Рузвельт пришел к власти в момент, когда Штаты находились на самом пике экономического кризиса. И в первую очередь он собирался разобраться в причинах, приведших его страну к полному краху. Такому, от которого до революционной могилы оставался один шаг, не больше. С этой целью ему пришлось нанять целый штат преподавателей университетов: юристов и экономистов. Причем часть из них отличалась откровенно левацкими, а то и прокоммунистическими идеями и настроениями. Однако инициатива Рузвельта пришлась не по душе финансовым воротилам, получавшим благодаря экономическому коллапсу крупные барыши. Естественно, «жирные кошельки» не желали изменения ситуации в стране. Поэтому нашли лучший, по их мнению, выход из положения: поменять президента.
Замысел мятежников сводился к тому, чтобы военные под руководством генерала Макартура арестовали Рузвельта и заключили в тюрьму. Главой нового правительства планировалось объявить Государственный совет под руководством все того же Макартура. Мятежников поддержали банки Моргана, химический концерн «Дюпон» и, естественно, представители американского генералитета.
О заговоре Рузвельту сообщил Эдгар Гувер, глава ФБР. И Рузвельт отреагировал немедленно. Макартур приказом президента был отправлен на Филиппины, а генералитет подверг кардинальным кадровым перестановкам. Заговор провалился.
Рузвельт до сих пор помнил тот момент, когда Гувер буквально ворвался в его дом и, не в силах сдержать эмоций, кричал о предательстве в правительственных кругах. Наверное, это был самый Кошмарный вечер в жизни Рузвельта…
«Интересно, — подумал президент, — как бы пошла дальнейшая жизнь страны, если бы меня тогда сместили? Скорее всего к власти пришли бы либо коммунисты, либо фашисты. Наглядные примеры история знает».
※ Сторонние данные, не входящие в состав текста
-- ===== src/Tests/BranchRuns.antt =====
-- Difficulty and forks: theorems on one long branch of made-up blocks.
use blocknet_core.Prelude.{
  length, ℕ, zero, suc, ◌+◌, ◌*◌, ◌/◌, ◌<◌, ◌≤◌, ◌≡◌, ◌⊎◌, refl, sym, ap, ◌∙◌, subst, List, [], ◌∷◌,
  Bytes, Option, none, some, ok, arith, get_elem?, some_eq, bytes_eq,
}
use blocknet_core.Block.{Header, Block}
use blocknet_core.Block.Difficulty.{
  expected_difficulty, compute_lwma, next_difficulty, lwma, lwma_loop, lwma_result, solvetime,
  min_difficulty,
}
use blocknet_core.Block.Difficulty.Agreement.{
  IsChain, expected_difficulty-compute_lwma, expected_difficulty-next_difficulty,
}
use blocknet_core.Block.Difficulty.Bounds.{lwma_bounds}
use blocknet_core.Block.Median.{collect_timestamps, median_from_parent}
use blocknet_core.Block.Median.Middle.{not_after, not_before, median_from_parent_middle}
use blocknet_core.Prelude.Counts.{count}
use blocknet_core.Block.Forks.{
  find_common_ancestor, enforce_finality, collect_connect_path, get_or_missing, to_parent, lower,
  meet,
}
use blocknet_core.Block.Forks.Ancestry.{ancestor, Linked}
use blocknet_core.Block.Forks.Common.{Meets, find_common_ancestor-Meets, enforce_finality_sound}
use blocknet_core.Block.Forks.Connect.{Connects, collect_connect_path_total}
use blocknet_core.Block.Forks.Totality.{find_common_ancestor_total}

-- The block of height k has the hash k + 1.
abbrev hash_of : ℕ → Bytes
hash_of k = suc k ∷ []

abbrev block_at : ℕ → Block
block_at k = record {
  header = record {
    version = 1;
    height = k;
    prev_hash = k ∷ [];
    merkle_root = [];
    timestamp = 100 * k;
    difficulty = 10;
    nonce = 0;
  };
  transactions = [];
}

abbrev stored : Bytes → Option Block
stored [] = none
stored (zero ∷ h) = none
stored (suc k ∷ h) = some (block_at k)

abbrev branch : ℕ → ℕ → List Block
branch k zero = []
branch k (suc n) = block_at k ∷ branch (suc k) n

branch_at :
    (k n i : ℕ) (b : Block) → get_elem? (branch k n) i ≡ some b → (b ≡ block_at (k + i)) × (i < n)
branch_at k zero i b e = absurd (cc e)
branch_at k (suc n) zero b e = (sym (some_eq e) ∙ ap block_at (omega arith), omega arith)
branch_at k (suc n) (suc i) b e =
    let (same, small) = branch_at (suc k) n i b e in
    (same ∙ ap block_at (omega arith), omega (arith, small))

branch_has : (k n i : ℕ) → i < n → get_elem? (branch k n) i ≡ some (block_at (k + i))
branch_has k zero i h = absurd (omega arith)
branch_has k (suc n) zero h = ap (λ m. some (block_at m)) (omega arith)
branch_has k (suc n) (suc i) h =
    branch_has (suc k) n i (omega (arith, h)) ∙ ap (λ m. some (block_at m)) (omega arith)

has : (n i : ℕ) → i < n → get_elem? (branch 0 n) i ≡ some (block_at i)
has n i h = branch_has 0 n i h ∙ ap (λ m. some (block_at m)) (omega arith)

at : (n i : ℕ) (b : Block) → get_elem? (branch 0 n) i ≡ some b → (b ≡ block_at i) × (i < n)
at n i b e = let (same, small) = branch_at 0 n i b e in (same ∙ ap block_at (omega arith), small)

branch-IsChain : (n : ℕ) → IsChain stored (branch 0 n)
branch-IsChain n = record {
  linked = λ k b e.
      let (same, small) = at n (suc k) b e in
      (block_at k, has n k (omega (arith, small)), rw same refl);
  heights = λ k b e. rw (at n k b e).0 refl;
}

expected_difficulty-compute_lwma_example :
    (d : ℕ) × (expected_difficulty (some (block_at 65)) stored ≡ ok d)
    × (compute_lwma (branch 0 70) 65 ≡ some d)
expected_difficulty-compute_lwma_example =
    expected_difficulty-compute_lwma stored (branch 0 70) (branch-IsChain 70) 65 (block_at 65) refl
      (omega arith) (omega arith)

cached : (k : ℕ) → k ≤ 65 → 65 ≤ k + 60 → stored (hash_of k) ≡ get_elem? (branch 0 70) k
cached k h i = sym (has 70 k (omega (arith, h)))

expected_difficulty-next_difficulty_example :
    (d : ℕ) × (expected_difficulty (some (block_at 65)) stored ≡ ok d)
    × (next_difficulty 65 hash_of stored ≡ some d)
expected_difficulty-next_difficulty_example =
    expected_difficulty-next_difficulty stored (branch 0 70) (branch-IsChain 70) hash_of stored 65
      (block_at 65) refl cached

abbrev window_at : ℕ → Option Header
window_at i = some (block_at i).header

window_difficulties :
    (k : ℕ) (h : Header) → window_at k ≡ some h → (10 ≤ h.difficulty) × (h.difficulty ≤ 10)
window_difficulties k h e =
    let same : (block_at k).header ≡ h = some_eq e in
    subst (λ (x : Header). (10 ≤ x.difficulty) × (x.difficulty ≤ 10)) same
      (omega arith, omega arith)

window_lwma : lwma window_at ≡ some 30
unfolding lwma lwma_loop lwma_result solvetime
window_lwma = refl

lwma_bounds_example :
    (10 / 6 ≤ 30) × (min_difficulty ≤ 30) × ((30 ≤ min_difficulty) ⊎ (30 ≤ 300 * 10))
lwma_bounds_example = lwma_bounds window_at 10 10 window_difficulties (omega arith) window_lwma

stored-Linked : Linked stored
stored-Linked [] b p hb high e = absurd (cc hb)
stored-Linked (zero ∷ h) b p hb high e = absurd (cc hb)
stored-Linked (suc zero ∷ h) b p hb high e =
    absurd (high (ap (λ (x : Block). x.header.height) (sym (some_eq hb))))
stored-Linked (suc (suc k) ∷ h) b p hb high e =
    let here : block_at (suc k) ≡ b = some_eq hb in
    let there : block_at k ≡ p = some_eq (ap (λ (x : Block). stored x.header.prev_hash) here ∙ e) in
    sym (ap (λ (x : Block). x.header.height) here)
    ∙ omega arith
    ∙ ap (λ (x : Block). x.header.height + 1) there

ancestor_found : find_common_ancestor stored (hash_of 9) (hash_of 4) ≡ ok (hash_of 4, 4)
unfolding find_common_ancestor get_or_missing to_parent lower meet bytes_eq
ancestor_found = refl

find_common_ancestor-Meets_example : Meets stored (hash_of 9) (hash_of 4) (hash_of 4, 4)
find_common_ancestor-Meets_example =
    find_common_ancestor-Meets stored (hash_of 9) (hash_of 4) stored-Linked ancestor_found

far_below : ancestor stored 7 (hash_of 9) ≡ some (hash_of 2)
unfolding ancestor
far_below = refl

near_below : ancestor stored 2 (hash_of 4) ≡ some (hash_of 2)
unfolding ancestor
near_below = refl

find_common_ancestor_total_example :
    (r : Bytes × ℕ) × (find_common_ancestor stored (hash_of 9) (hash_of 4) ≡ ok r)
find_common_ancestor_total_example =
    find_common_ancestor_total stored stored-Linked (hash_of 2) (block_at 2) refl 7 2 (hash_of 9)
      (hash_of 4) far_below near_below

final : enforce_finality stored 103 (hash_of 103) (hash_of 5) ≡ ok tt
unfolding enforce_finality find_common_ancestor get_or_missing to_parent lower meet bytes_eq
final = refl

enforce_finality_sound_example :
    (r : Bytes × ℕ) × Meets stored (hash_of 103) (hash_of 5) r × (103 ≤ r.1 + 100)
enforce_finality_sound_example =
    enforce_finality_sound stored 103 (hash_of 103) (hash_of 5) stored-Linked (omega arith) final

collect_connect_path_total_example :
    (path : List Block) × (collect_connect_path stored (hash_of 2) (hash_of 9) ≡ ok path)
    × Connects stored (hash_of 2) path (hash_of 9)
collect_connect_path_total_example =
    collect_connect_path_total stored 7 (hash_of 2) (hash_of 9) (block_at 9) stored-Linked refl
      far_below

median_from_parent_middle_example :
    (m : ℕ) × (median_from_parent (some (block_at 20)) stored 11 ≡ ok m)
    × (length (collect_timestamps stored 11 (some (block_at 20)))
        < 2 * count (not_after m) (collect_timestamps stored 11 (some (block_at 20))))
    × (length (collect_timestamps stored 11 (some (block_at 20)))
        ≤ 2 * count (not_before m) (collect_timestamps stored 11 (some (block_at 20))))
median_from_parent_middle_example = median_from_parent_middle (block_at 20) stored 11 (omega arith)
* * *Эрвин Роммель пришел в сознание поздним вечером. Сиделка, ухаживавшая за ним, проспала тот момент, когда он открыл глаза. Фельдмаршал попытался приподняться, но слабость в мышцах и боль в голове тут же снова приковали его к постели. Вырвавшийся из его уст тяжелый стон разбудил женщину.
— Пи-ить.
Сиделка не столько расслышала, сколько догадалась, чего хочет больной. Она смочила губку в воде и поднесла ее к губам пациента.
— Где я?
— Вы у себя дома. Но вам пока нельзя разговаривать.
— Позовите мою жену.
— Она только что заснула. Не тревожьте ее. — Сиделка присела рядом. — Если вам что-то нужно, скажите мне.
— Как я здесь оказался?
— Вас привезли после ранения. Тяжелого, к сожалению.
— Да, припоминаю… Мы ехали в машине. Потом налет. Бомбы с неба. Мы не успели свернуть с дороги… Кто-нибудь еще выжил?
— Нет. Только вы.
Женщина ошибалась. В живых остался и адъютант Роммеля, Вирмер. Он покинул машину сразу, как только начался авиаобстрел трассы. Но прожил недолго. Через шестьдесят восемь часов его расстреляли. По приказу Шелленберга. Но сиделка, естественно, знать про то не могла.